“They told us that they were actually going to the desert in two days time to stay at a small hotel one of their cousins worked at. They planned to go out on camels, visit Bedouin settlements in the middle of the desert, sleep under the stars and eat lovely traditional food.”
One of my favourite places in the world is Morocco. Colourful, inspiring, magical. A few years ago, my best friend Federika and I travelled around Morocco for a month. As two fair-skinned girls exploring a Muslim country during Ramadan, we knew we would attract some attention.
On our first day in Fez, we got lost with all our luggage and got harassed by some local men, which left me feeling a little unnerved.
Later that evening, we met two Moroccan men in a shisha bar; they were friendly and interesting and spoke excellent English. We got talking about all our travel plans, and we asked their advice on going into the Sahara Desert. They told us that they were actually going to the desert in two days to stay at a small hotel where one of their cousins worked. They planned to go out on camels, visit Bedouin settlements in the middle of the desert, sleep under the stars, and eat lovely traditional food.
It all sounded like a Moroccan dream, but when they invited us to join them, I couldn’t help but feel untrusting of these young men we didn't know. I tried to remain open-minded, and at some point throughout the evening, a wife of one of the men turned up – a redhead with a strong Scottish accent. I got on well with her immediately and felt comfortable in the whole group’s company. We took their details at the end of the evening, and they said if we did want to go with them to the Sahara for four days, they would organise for us to join them, and we would be leaving not tomorrow but the following morning at 4.30am.
Maybe it was me being untrusting and paranoid, but I couldn't believe that people would go out of their way to selflessly take us with them on their Eid al-Fitr holiday trip without wanting something in return. My friend and I checked the hotel name and organisation names they'd given us, and they all checked out.
We decided to trust these young, like-minded and seemingly caring people and go on the trip. As it turned out, they truly were the most friendly, selfless people. Those four days were some of the most magical, unbelievable experiences of my life.

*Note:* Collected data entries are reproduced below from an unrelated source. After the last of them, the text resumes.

-- ===== src/Wal/Writer/Flusher.antt =====
-- The background flusher as a step relation: appends, batches, ticks and the stop in any order.
use keva.Prelude.{
  length-eq-zero, ==→eq, ◌*◌, ◌<◌, ◌≡◌, refl, ap, sym, ◌∙◌, inl, inr, Bool, true, Bool-cases, List,
  [], ◌∷◌, ◌++◌, append_assoc, append-nil, Bytes, length, leb, ◌==◌,
}
use keva.Wal.{Record, encode}
use keva.Wal.Writer.{sync_interval, Wal, Disk, concat, append, write_batch, flush, receive, stop}

-- One step of the log in the mode "interval" on a disk that takes every write, and the record that
-- it accepts, if any. The queue has room for `MaxBatchSize * 2` records.
pub data Step : Wal → List Record → Wal → Type 0 where
  accept :
      (w : Wal) (disk : Disk) (r : Record)
      → w.mode ≡ sync_interval
      → length w.queue < w.max_batch_size * 2
      → Step w (r ∷ []) (append disk r w).1
  take_up :
      (w : Wal) (sync_ok : Bool) (buf : Bytes) (rest : List Bytes)
      → w.running ≡ true
      → w.queue ≡ buf ∷ rest
      → Step w [] (receive [] sync_ok buf rest w)
  tick : (w : Wal) (sync_ok : Bool) → w.running ≡ true → Step w [] (flush [] sync_ok w)
  close : (w : Wal) (sync_ok : Bool) → w.running ≡ true → Step w [] (stop [] sync_ok w)

-- A run, with the records accepted on it, oldest first.
pub data Run (w : Wal) : List Record → Wal → Type 0 where
  here : Run w [] w
  next : {rs more : List Record} {t u : Wal} → Run w rs t → Step t more u → Run w (rs ++ more) u

abbrev pub buffers : List Record → List Bytes
buffers [] = []
buffers (r ∷ rs) = encode r ∷ buffers rs

-- What has been accepted so far: the file, and what waits to be written.
abbrev pub accepted : Wal → Bytes
accepted w = w.file ++ (concat w.batch ++ concat w.queue)

concat-append : (xs ys : List Bytes) → concat (xs ++ ys) ≡ concat xs ++ concat ys
concat-append [] ys = refl
concat-append (x ∷ xs) ys = rw (concat-append xs ys, append_assoc x (concat xs) (concat ys))

write_batch-concat : (bs : List Bytes) → write_batch [] bs ≡ concat bs
unfolding write_batch
write_batch-concat [] = refl
write_batch-concat (b ∷ bs) = ap (λ x. b ++ x) (write_batch-concat bs)

accepted-flush : (sync_ok : Bool) (w : Wal) → accepted (flush [] sync_ok w) ≡ accepted w
unfolding flush
accepted-flush sync_ok w = elim (Bool-cases (length w.batch == 0)) [
  | inl e ↦ rw e
  | inr e ↦
      rw (e, write_batch-concat w.batch, append_assoc w.file (concat w.batch) (concat w.queue))
]

accepted-receive :
    (sync_ok : Bool) (buf : Bytes) (rest : List Bytes) (w : Wal)
    → w.queue ≡ buf ∷ rest
    → accepted (receive [] sync_ok buf rest w) ≡ accepted w
accepted-receive sync_ok buf rest w e =
    elim (Bool-cases (leb w'.max_batch_size (length w'.batch))) [
      | inl full ↦ unfold receive in rw full (accepted-flush sync_ok w' ∙ moved)
      | inr room ↦ unfold receive in rw room moved
    ]
  where
    w' : Wal
    w' = record w { queue = rest; batch = w.batch ++ (buf ∷ []) }

    moved : accepted w' ≡ accepted w
    moved =
        rw
          (
            concat-append w.batch (buf ∷ []),
            append-nil buf,
            append_assoc (concat w.batch) buf (concat rest),
          )
          (ap (λ q. w.file ++ (concat w.batch ++ concat q)) (sym e))

accepted-Step :
    {w u : Wal} {rs : List Record} → Step w rs u → accepted u ≡ accepted w ++ concat (buffers rs)
accepted-Step (accept w disk r m room) =
    unfold append in
    rw (
      m,
      concat-append w.queue (encode r ∷ []),
      append_assoc w.file (concat w.batch ++ concat w.queue) (encode r ++ []),
      append_assoc (concat w.batch) (concat w.queue) (encode r ++ []),
    )
accepted-Step (take_up w sync_ok buf rest on e) =
    accepted-receive sync_ok buf rest w e ∙ sym (append-nil _)
accepted-Step (tick w sync_ok on) = accepted-flush sync_ok w ∙ sym (append-nil _)
accepted-Step (close w sync_ok on) = unfold stop in accepted-flush sync_ok w ∙ sym (append-nil _)

buffers-append : (rs more : List Record) → buffers (rs ++ more) ≡ buffers rs ++ buffers more
buffers-append [] more = refl
buffers-append (r ∷ rs) more = ap (◌∷◌ (encode r)) (buffers-append rs more)

-- Whatever the order of appends, batches and ticks, on a disk that takes every write, the file
-- followed by the batch and the queue is what was there at first followed by the records accepted,
-- in order: none is lost, doubled or moved.
pub accepted-Run :
    {w u : Wal} {rs : List Record} → Run w rs u → accepted u ≡ accepted w ++ concat (buffers rs)
accepted-Run here = sym (append-nil _)
accepted-Run {w} (next {rs} {more} r s) =
    accepted-Step s
    ∙ ap (λ x. x ++ concat (buffers more)) (accepted-Run r)
    ∙ append_assoc (accepted w) (concat (buffers rs)) (concat (buffers more))
    ∙ ap (λ x. accepted w ++ x)
        (sym (ap concat (buffers-append rs more) ∙ concat-append (buffers rs) (buffers more)))

batch-flush : (sync_ok : Bool) (w : Wal) → (flush [] sync_ok w).batch ≡ []
unfolding flush
batch-flush sync_ok w = elim (Bool-cases (length w.batch == 0)) [
  | inl e ↦ rw e (length-eq-zero w.batch (==→eq (length w.batch) 0 e))
  | inr e ↦ rw e
]

queue-flush : (sync_ok : Bool) (w : Wal) → (flush [] sync_ok w).queue ≡ w.queue
unfolding flush
queue-flush sync_ok w = elim (Bool-cases (length w.batch == 0)) [ inl e ↦ rw e | inr e ↦ rw e ]

-- Close writes the batch, and not the queue: what has been accepted in a run is the file that it
-- leaves followed by the records that were still in the queue, which are lost.
pub file-stop :
    {w t : Wal} {rs : List Record} (sync_ok : Bool)
    → Run w rs t
    → (stop [] sync_ok t).file ++ concat t.queue ≡ accepted w ++ concat (buffers rs)
unfolding stop
file-stop {t = t} sync_ok r =
    ap (λ q. (flush [] sync_ok t).file ++ concat q) (sym (queue-flush sync_ok t))
    ∙ drop_batch (flush [] sync_ok t) (batch-flush sync_ok t)
    ∙ accepted-flush sync_ok t
    ∙ accepted-Run r
  where
    drop_batch : (v : Wal) → v.batch ≡ [] → v.file ++ concat v.queue ≡ accepted v
    drop_batch v e = ap (λ b. v.file ++ (concat b ++ concat v.queue)) (sym e)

Riding camelback through the desert at night with only the Milky Way and shooting stars to light the way, we eventually stopped at a row of Bedouin tents in the middle of nowhere. We let the camels run around, ate some tagine cooked on a campfire, and then rode the camels back to the sand-castle looking hotel as the sun was rising. The Moroccan men there taught us some Arabic, traditional songs, and how to play instruments during the day while we stayed inside to avoid the 52-degree midday sun.
It was a real insight into Moroccan culture without being surrounded by other tourists and something I never thought I'd experience. The lesson I took from this part of my travels was that even though I will always be cautious and careful when travelling, especially as a woman, sometimes if you don't trust anyone, you can miss out on experiences that could be the best of your life – experiences that really make you feel ALIVE! Keep that line between caution and trust strong, but be open, and make intelligent but adventurous decisions!